Quantum decay rates for dissipative systems at finite temperatures

Abstract

The decay of a metastable state of a system coupled to a heat-bath environment is studied. A functional-integral method is presented allowing for the calculation of decay rates at finite temperatures and in the presence of dissipation. The theory is utilized to determine the rate for a wide range of parameters. The temperature extends from the region where the decay is thermally activated down to very low temperatures where the system decays by tunneling from its ground state in the metastable well. The range of damping parameters covers the region from weakly damped to heavily overdamped motions. It is found that the transition between thermally activated decay and tunneling occurs near a crossover temperature $T_0$ which decreases with increasing damping strength.
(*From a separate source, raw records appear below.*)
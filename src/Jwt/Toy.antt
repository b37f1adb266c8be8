-- ===== src/Jwt/Toy.antt =====
-- A small instance of what the packages for base64, JSON, SHA-256 and RSA promise.
use lean_sandbox.Common.{
  ℕ, zero, suc, sym, ◌+◌, ◌-◌, ◌≡◌, ◌≢◌, refl, ap, ◌∙◌, none, some, [], ◌∷◌, Option, arith, All,
  if◌then◌else◌,
}
use lean_sandbox.Common.Int.{ℤ, pos, negsuc}
use lean_sandbox.Common.Text.{Bytes, text, str_eq}
use lean_sandbox.Common.Text.Laws.{str_eq_refl}
use lean_sandbox.Jwt.{Claims, Crypto, rs256, header_json, join, sign}
use lean_sandbox.Jwt.RoundTrip.{Lawful}

abbrev pub shift : Bytes → Bytes
shift [] = []
shift (c ∷ s) = (c + 47) ∷ shift s

abbrev pub shift_back : Bytes → Bytes
shift_back [] = []
shift_back (c ∷ s) = (c - 47) ∷ shift_back s

abbrev pub tag : ℤ → ℕ
tag (pos n) = 0
tag (negsuc n) = 1

abbrev pub size : ℤ → ℕ
size (pos n) = n
size (negsuc n) = n

abbrev pub number : ℕ → ℕ → ℤ
number zero n = pos n
number (suc t) n = negsuc n

abbrev pub read : Bytes → Option Claims
read (a ∷ b ∷ c ∷ d ∷ sub) = some (record { sub = sub; iat = number a b; exp = number c d })
read _ = none

-- Bytes are shifted past the full stop, and a signature is the digest behind the key.
abbrev pub toy : Crypto
toy = record {
  PrivateKey = ℕ;
  PublicKey = ℕ;
  public_key = λ k. k;
  encode = shift;
  decode = λ b. some (shift_back b);
  marshal = λ c. some (tag c.iat ∷ size c.iat ∷ tag c.exp ∷ size c.exp ∷ c.sub);
  unmarshal = read;
  alg = λ b. if str_eq b header_json then some rs256 else none;
  sha256 = λ b. b;
  sign_digest = λ k d. some (k ∷ d);
  verify_digest = λ k d s. str_eq s (k ∷ d);
}

shift_back-shift : (b : Bytes) → shift_back (shift b) ≡ b
shift_back-shift [] = refl
shift_back-shift (c ∷ s) = ground (arith, shift_back-shift s)

shift_no_stop : (b : Bytes) → All (λ c. c ≢ b'.') (shift b)
shift_no_stop [] = tt
shift_no_stop (c ∷ s) = ((λ p. absurd (omega arith)), shift_no_stop s)

pub number-tag : (n : ℤ) → number (tag n) (size n) ≡ n
number-tag (pos n) = refl
number-tag (negsuc n) = refl

abbrev value : Option Bytes → Bytes
value none = []
value (some b) = b

read_marshal :
    (c : Claims) → read (tag c.iat ∷ size c.iat ∷ tag c.exp ∷ size c.exp ∷ c.sub) ≡ some c
read_marshal c = rw (number-tag c.iat, number-tag c.exp) refl

read_back : (c : Claims) (b : Bytes) → toy.marshal c ≡ some b → toy.unmarshal b ≡ some c
read_back c b e = sym (ap read (ap value e)) ∙ read_marshal c

pub toy-Lawful : Lawful toy
toy-Lawful = record {
  decode_encode = λ b. ap some (shift_back-shift b);
  no_stop = shift_no_stop;
  unmarshal_marshal = read_back;
  alg_header = unfold str_eq in refl;
  verify_sign = λ key d s e. ground (arith, str_eq_refl (key ∷ d));
}

-- what `sign` makes for the sandbox 7 at second 100, for 900 seconds
abbrev pub signed : Bytes
signed = join (shift header_json) (shift (0 ∷ 100 ∷ 0 ∷ 1000 ∷ text "7"))

abbrev pub token : Bytes
token = join signed (shift (5 ∷ signed))

pub sign-token : sign toy 5 (text "7") (pos 900000000000) (pos 100000000000) ≡ some token
unfolding sign
sign-token = refl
Well above $T_0$ the rate follows the classical Arrhenius law where the preexponential factor is affected by the frequency-dependent damping. As $T_0$ is approached, quantum corrections to the classical rate formula become increasingly important. In the vicinity of $T_0$ the rate follows a scaling law describing the crossover between thermally activated and quantum-mechanical decay. In the region below $T_0$ the decay rate can be determined analytically only in limiting cases. For a system with Ohmic dissipation and a cubic potential, accurate numerical calculations are presented exhausting the range of parameters not covered by analytical results.